Scientific classification
- Kingdom: Animalia
- Phylum: Chordata
- Class: Aves
- Order: Galliformes
- Family: Phasianidae
- Genus: Lophura
- Species: L. inornata
- Binomial name: Lophura inornata (Salvadori, 1879)

= Salvadori's pheasant =

- Genus: Lophura
- Species: inornata
- Authority: (Salvadori, 1879)
- Conservation status: NT

Species of bird

Salvadori's pheasant (Lophura inornata) is a landfowl bird of genus Lophura, native to Indonesia. It is found in the mountain rainforests of Sumatra. Thus it is also known as the Sumatran pheasant. This bird was first described in 1879 by the Italian ornithologist Tommaso Salvadori. The species name inornata means "without ornament". The Hoogerwerf's pheasant is usually thought to be a subspecies.
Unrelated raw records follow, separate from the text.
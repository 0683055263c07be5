-- ===== src/Topo.antt =====
-- floem/join_handling.py, `topo_sort` and `order_function_calls`: the order in which an element
-- instance calls its output ports.
pub mod Visit
pub mod Sorts
pub mod Cycles
pub mod Ends
mod Samples
use mathlib.Core.List.{reverse}
use floem.Prelude.{
  ℕ, zero, suc, ◌+◌, String, Bool, true, false, List, [], ◌∷◌, ◌++◌, ◌==◌, String_equality,
  if◌then◌else◌, length, contains, Result, ok, err, ◌>>=◌,
}

pub data TopoError : Type 0 where
  -- "Cannot resolve order of function calls for all join elements due to a cycle ..."
  cycle : TopoError
  out_of_fuel : TopoError

-- A pair (a, b): port a is called before port b.
abbrev pub Edges : Type 0
Edges = List (String × String)

-- The two lists that the calls of `topo_sort` share.
pub record Search : Type 0 where
  pub order : List String
  pub visit : List String

abbrev pub start : Search
start = record { order = []; visit = [] }

-- The loop `for n1, n2 in join_partial_order`, with the call of `topo_sort` as an argument.
unfoldable pub visit_each :
    (Search → String → Result TopoError Search) → String → Edges → Search → Result TopoError Search
visit_each call port [] s = ok s
visit_each call port ((a, b) ∷ l) s =
    if port == a then (do t ← call s b; visit_each call port l t) else visit_each call port l s

-- The first number bounds the depth of the calls.
unfoldable pub topo_sort : ℕ → Edges → Search → String → Result TopoError Search
unfolding visit_each
topo_sort zero edges s port = err out_of_fuel
topo_sort (suc fuel) edges s port =
    let deeper =
      visit_each (topo_sort fuel edges) port edges (record s { visit = s.visit ++ port ∷ [] }) in
    if contains port s.order
    then ok s
    else if contains port s.visit
    then err cycle
    else (do t ← deeper; ok (record t { order = t.order ++ port ∷ [] }))

unfoldable pub sort_each : ℕ → Edges → List String → Search → Result TopoError Search
unfolding topo_sort
sort_each fuel edges [] s = ok s
sort_each fuel edges (port ∷ l) s = do t ← topo_sort fuel edges s port; sort_each fuel edges l t

-- A call visits a new port: one of the instance's, or a second port of a pair.
abbrev pub depth : Edges → List String → ℕ
depth edges ports = suc (length ports + length edges)

-- The new `join_partial_order`, from the pairs in it and the names of the output ports.
unfoldable pub order_function_calls : Edges → List String → Result TopoError (List String)
unfolding sort_each
order_function_calls [] ports = ok []
order_function_calls (e ∷ edges) ports = do
  t ← sort_each (depth (e ∷ edges) ports) (e ∷ edges) (reverse ports) start
  ok (reverse t.order)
This species is classified as "near threatened" by the IUCN because of the reduction in its population size caused by the destruction of its habitat and hunting.

==Description==
The male and female Salvadori's pheasant are quite unlike each other in appearance, and in fact the male bird is very similar to the female crestless fireback (Lophura erythrophthalma). The male Salvadori's pheasant is 46 to 55 cm in length and is plain black, with a bluish fringe to the feathers of body and neck. The tail is short and rounded. The beak is whitish-green and the iris orange-red. There is a yellowish-green or grey-green ring of bare skin round the eye, and the rest of the bare facial skin is bright red. The legs are greyish-blue with a strong spur. The female is slightly shorter and has no spur. Her colour is reddish-brown, each feather having fine black speckling and a pale streak by the shaft, giving her a mottled look. The throat is paler brown and the tail is blackish-brown. Juveniles are similar to females but the feathers are edged with pale buff giving a scaled effect.

The principle differences between the male Salvadori's pheasant and the female crestless fireback is that the former is longer, has a pale bill and holds the tail lowered while the latter is more robust, has a black beak and tends to keep the tail cocked. Also, Salvadori's pheasant occurs at higher altitudes in Sumatra than the crestless fireback.

==Distribution and habitat==
Salvadori's pheasant is endemic to Sumatra, Indonesia, where it is found at altitudes between about 650 and 2200 m. There are two subspecies; L. i. inornata being relatively common and known from many locations in the centre and south of the Barisan Mountains, while L. i. hoogerwerfi, Hoogerwerf's pheasant, is restricted to the northern part of the mountains and has been seen infrequently.

==Status==
L. inornata is classified by the International Union for Conservation of Nature as a "near-threatened species". This is because the total population is thought to be trending downwards, it being estimated that there are between five thousand and twenty thousand individuals in total, and the bird's habitat is being degraded by the clearing of its forest home for illegal agricultural activities. Some birds are hunted and a few have appeared on sale in local markets, the vendors admitting that they had been poached from the Gunung Leuser National Park.